┌────────

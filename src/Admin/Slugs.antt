-- ===== src/Admin/Slugs.antt =====
-- `nextCompanySlug` against the tables (internal/repository/admin_repo.go).
use mathlib.Core.List.{map}
use proindustrial_backend.Common.{
  Bool, Bool-cases, List, [], any, ap, arith, contains, false, inl, inr, length, length-map, nat_eq,
  none, refl, some, string_eq, suc, sym, text_eq, true, zero, ℕ, ◌+◌, ◌==◌, ◌^◌, ◌∙◌, ◌∷◌, ◌≡◌, ◌≢◌,
  ◌≤◌, ◌⊎◌,
}
use proindustrial_backend.Common.Text.{Text}
use proindustrial_backend.Admin.{next_company_slug, try_slugs}
use proindustrial_backend.Database.{
  Action, Db, Driver, Error, World, connection, diverged, err, ok, pure, query, raise, ◌>>=◌,
}
use proindustrial_backend.Database.Laws.{>>=_of_err, >>=_of_ok, next, query_runs, statement_fails}
use proindustrial_backend.Database.Returns.{Returns}
use proindustrial_backend.Model.{Company}
use proindustrial_backend.Slug.{candidate, incremented, slug_base}
use proindustrial_backend.Slug.Candidates.{
  candidate-numbered, incremented_below, numbered, numbered-ne, pick, pick_free, pick_sound,
  pick_total, pick_used, slug_base_bounds,
}
use proindustrial_backend.Tables.{slug_taken}

-- The slugs in use.
abbrev pub slugs : Db → List Text
slugs db = map (λ (c : Company). c.slug) db.companies

slug_taken-contains_list :
    (slug : Text) (cs : List Company)
    → any (λ (c : Company). c.slug == slug) cs ≡ contains (map (λ (c : Company). c.slug) cs) slug
unfolding contains
slug_taken-contains_list slug [] = refl
slug_taken-contains_list slug (c ∷ cs) = ground (
  arith,
  slug_taken-contains_list slug cs,
  text_eq.decides c.slug slug,
  text_eq.decides slug c.slug,
)

slug_taken-contains : (slug : Text) (db : Db) → slug_taken slug db ≡ contains (slugs db) slug
slug_taken-contains slug db = slug_taken-contains_list slug db.companies

-- The loop with numbers that do not wrap around.
unfoldable search : Driver → ℕ → Text → ℕ → Text → Action Text
search d zero base i slug = raise diverged
search d (suc fuel) base i slug = do
  used ← query d (slug_taken slug)
  elim used [ true ↦ search d fuel base (i + 1) (numbered base i) | false ↦ pure slug ]

module _ (d : Driver) (f : ℕ) (base : Text) (i : ℕ) (slug : Text) (w : World) where
  -- What a round does with the answer of its query.
  go_on : Bool → Action Text
  go_on used = elim used [ true ↦ search d f base (i + 1) (numbered base i) | false ↦ pure slug ]

  search_round :
      d.fails w.tick ≡ false
      → search d (suc f) base i slug w ≡ go_on (slug_taken slug w.db) (next w)
  unfolding search go_on
  search_round h =
      >>=_of_ok (query d (slug_taken slug)) go_on w (query_runs d (slug_taken slug) w h)

  search_used :
      d.fails w.tick ≡ false
      → slug_taken slug w.db ≡ true
      → search d (suc f) base i slug w ≡ search d f base (i + 1) (numbered base i) (next w)
  unfolding go_on
  search_used h k = search_round h ∙ ap (λ b. go_on b (next w)) k

  search_free :
      d.fails w.tick ≡ false
      → slug_taken slug w.db ≡ false
      → search d (suc f) base i slug w ≡ (ok slug, next w)
  unfolding go_on
  search_free h k = search_round h ∙ ap (λ b. go_on b (next w)) k

  search_failed : d.fails w.tick ≡ true → search d (suc f) base i slug w ≡ (err connection, next w)
  unfolding search go_on
  search_failed h =
      >>=_of_err (query d (slug_taken slug)) go_on w
        (statement_fails d (λ t db. ok (slug_taken slug db, db)) w h)

-- The loop searches as `pick` does among the slugs of the tables, and changes no table.
search_ok :
    (d : Driver) (f : ℕ) (base : Text) (i : ℕ) (slug : Text) (w : World) {s : Text}
    → (search d f base i slug w).0 ≡ ok s
    → (pick f base i slug (slugs w.db) ≡ some s) × ((search d f base i slug w).1.db ≡ w.db)
search_ok d zero base i slug w h = unfold search in cc
search_ok d (suc f) base i slug w {s} h = elim (Bool-cases (d.fails w.tick)) [
  | inl fails ↦ absurd (cc (h, search_failed d f base i slug w fails))
  | inr runs ↦ elim (Bool-cases (slug_taken slug w.db)) [
    | inl used ↦
        let e = search_used d f base i slug w runs used in
        let (found, same) = search_ok d f base (i + 1) (numbered base i) (next w) (rw e at h) in
        (
          pick_used f base i slug (slugs w.db) (sym (slug_taken-contains slug w.db) ∙ used) ∙ found,
          rw e same,
        )
    | inr free ↦
        let e = search_free d f base i slug w runs free in
        let same : slug ≡ s = cc (h, e) in
        (
          pick_free f base i slug (slugs w.db) (sym (slug_taken-contains slug w.db) ∙ free)
              ∙ ap some same,
          rw e refl,
        )
  ]
]

-- An error is the connection's, or the fuel is used up and `pick` finds nothing either.
search_err :
    (d : Driver) (f : ℕ) (base : Text) (i : ℕ) (slug : Text) (w : World) {e : Error}
    → (search d f base i slug w).0 ≡ err e
    → (e ≡ connection) ⊎ (pick f base i slug (slugs w.db) ≡ none)
search_err d zero base i slug w h = inr (unfold pick in refl)
search_err d (suc f) base i slug w h = elim (Bool-cases (d.fails w.tick)) [
  | inl fails ↦ inl (cc (h, search_failed d f base i slug w fails))
  | inr runs ↦ elim (Bool-cases (slug_taken slug w.db)) [
    | inl used ↦
        let step =
          pick_used f base i slug (slugs w.db) (sym (slug_taken-contains slug w.db) ∙ used) in
        elim (search_err d f base (i + 1) (numbered base i) (next w)
          (rw (search_used d f base i slug w runs used) at h)) [
            | inl lost ↦ inl lost
            | inr nothing ↦ inr (step ∙ nothing)
          ]
    | inr free ↦ absurd (cc (h, search_free d f base i slug w runs free))
  ]
]

-- The counter of the code does not reach the negative numbers in so many rounds.
try_slugs-search :
    (d : Driver) (f : ℕ) (base : Text) (i : ℕ) (slug : Text)
    → i + f ≤ 2 ^ 63
    → try_slugs d f base i slug ≡ search d f base i slug
unfolding try_slugs search
try_slugs-search d zero base i slug h = refl
try_slugs-search d (suc f) base i slug h =
    let step : try_slugs d f base (incremented i) (candidate base i)
        ≡ search d f base (i + 1) (numbered base i) =
      (λ k.
        try_slugs d f base (incremented_below i (omega arith) k)
          (candidate-numbered base i (omega arith) k))
      ∙ try_slugs-search d f base (i + 1) (numbered base i) (omega arith) in
    ap (λ go. query d (slug_taken slug) >>= λ used. elim used [ true ↦ go | false ↦ pure slug ])
      step

base-ne :
    (unicode_lower : ℕ → ℕ) (name : Text) (j : ℕ)
    → 2 ≤ j
    → slug_base unicode_lower name ≢ numbered (slug_base unicode_lower name) j
base-ne unicode_lower name j h = numbered-ne (slug_base unicode_lower name) j

-- What the search of `nextCompanySlug` over the slugs in use comes to.
pick_company :
    (unicode_lower : ℕ → ℕ) (name : Text) (db : Db)
    → (s : Text) × (pick
          (suc (length db.companies))
          (slug_base unicode_lower name)
          2
          (slug_base unicode_lower name)
          (slugs db)
        ≡ some s)
pick_company unicode_lower name db =
    pick_total (suc (length db.companies)) (slug_base unicode_lower name) 2
      (slug_base unicode_lower name) (slugs db)
      (omega (arith, length-map (λ (c : Company). c.slug) db.companies))
      (base-ne unicode_lower name)

-- With at most 2 ^ 63 - 3 companies, `nextCompanySlug` ends in every state: its loop never outlasts
-- one round more than there are companies, so its only error is a lost connection.
pub next_company_slug_terminates :
    (d : Driver) (unicode_lower : ℕ → ℕ) (name : Text) (w : World) {e : Error}
    → length w.db.companies + 3 ≤ 2 ^ 63
    → (next_company_slug d unicode_lower name w).0 ≡ err e
    → e ≡ connection
unfolding next_company_slug
next_company_slug_terminates d unicode_lower name w few h =
    let base = slug_base unicode_lower name in
    let loop = try_slugs-search d (suc (length w.db.companies)) base 2 base (omega arith) in
    let (s, found) = pick_company unicode_lower name w.db in
    elim (search_err d (suc (length w.db.companies)) base 2 base w
      (ap (λ m. (m w).0) (sym loop) ∙ h)) [
        | inl lost ↦ lost
        | inr nothing ↦ absurd (cc (found, nothing))
      ]

-- The slug that `nextCompanySlug` returns is in use by no company and at most 100 characters
-- long, the width of `companies.slug`, when there are at most 2 ^ 63 - 3 companies; no table
-- changes.
pub next_company_slug_ok :
    (d : Driver) (unicode_lower : ℕ → ℕ) (name : Text) (w : World) {s : Text}
    → length w.db.companies + 3 ≤ 2 ^ 63
    → (next_company_slug d unicode_lower name w).0 ≡ ok s
    → (slug_taken s w.db ≡ false)
      × (length s ≤ 100)
      × ((next_company_slug d unicode_lower name w).1.db ≡ w.db)
unfolding next_company_slug
next_company_slug_ok d unicode_lower name w {s} few h =
    let base = slug_base unicode_lower name in
    let loop = try_slugs-search d (suc (length w.db.companies)) base 2 base (omega arith) in
    let (found, same) =
      search_ok d (suc (length w.db.companies)) base 2 base w (ap (λ m. (m w).0) (sym loop) ∙ h) in
    let bounds = slug_base_bounds unicode_lower name in
    let (free, short) =
      pick_sound (suc (length w.db.companies)) base 2 base s (slugs w.db) bounds.1 (omega arith)
        (omega arith) found in
    (slug_taken-contains s w.db ∙ free, short, ap (λ m. (m w).1.db) loop ∙ same)

search_returns :
    (d : Driver) (f : ℕ) (base : Text) (i : ℕ) (slug s : Text) (w : World)
    → ((t : ℕ) → d.fails t ≡ false)
    → pick f base i slug (slugs w.db) ≡ some s
    → Returns (search d f base i slug) w (λ s' db. (s' ≡ s) × (db ≡ w.db))
search_returns d zero base i slug s w h e = absurd (unfold pick in cc)
search_returns d (suc f) base i slug s w h e = elim (Bool-cases (slug_taken slug w.db)) [
  | inl used ↦
      let in_use = sym (slug_taken-contains slug w.db) ∙ used in
      let (a, w', ran, k) =
        search_returns d f base (i + 1) (numbered base i) s (next w) h
          (sym (pick_used f base i slug (slugs w.db) in_use) ∙ e) in
      (a, w', search_used d f base i slug w (h w.tick) used ∙ ran, k)
  | inr free ↦
      let unused = sym (slug_taken-contains slug w.db) ∙ free in
      let same : some slug ≡ some s = sym (pick_free f base i slug (slugs w.db) unused) ∙ e in
      (slug, next w, search_free d f base i slug w (h w.tick) free, (cc, refl))
]

-- Where no statement fails, `nextCompanySlug` returns.
pub next_company_slug_returns :
    (d : Driver) (unicode_lower : ℕ → ℕ) (name : Text) (w : World)
    → ((t : ℕ) → d.fails t ≡ false)
    → length w.db.companies + 3 ≤ 2 ^ 63
    → Returns
        (next_company_slug d unicode_lower name)
        w
        (λ s db. (slug_taken s w.db ≡ false) × (length s ≤ 100) × (db ≡ w.db))
unfolding next_company_slug
next_company_slug_returns d unicode_lower name w h few =
    let base = slug_base unicode_lower name in
    let (s, found) = pick_company unicode_lower name w.db in
    let loop = try_slugs-search d (suc (length w.db.companies)) base 2 base (omega arith) in
    let (a, w', searched, k) =
      search_returns d (suc (length w.db.companies)) base 2 base s w h found in
    let ran = ap (λ m. m w) loop ∙ searched in
    let (free, short, _) = next_company_slug_ok d unicode_lower name w few (ap (λ p. p.0) ran) in
    (a, w', ran, (free, short, k.1))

└────────

What this task involves: Output exactly the lines of the material above from the one containing "slugs db = map" up to and including the one containing "-- The loop with".

Response area:
slugs db = map (λ (c : Company). c.slug) db.companies

slug_taken-contains_list :
    (slug : Text) (cs : List Company)
    → any (λ (c : Company). c.slug == slug) cs ≡ contains (map (λ (c : Company). c.slug) cs) slug
unfolding contains
slug_taken-contains_list slug [] = refl
slug_taken-contains_list slug (c ∷ cs) = ground (
  arith,
  slug_taken-contains_list slug cs,
  text_eq.decides c.slug slug,
  text_eq.decides slug c.slug,
)

slug_taken-contains : (slug : Text) (db : Db) → slug_taken slug db ≡ contains (slugs db) slug
slug_taken-contains slug db = slug_taken-contains_list slug db.companies

-- The loop with numbers that do not wrap around.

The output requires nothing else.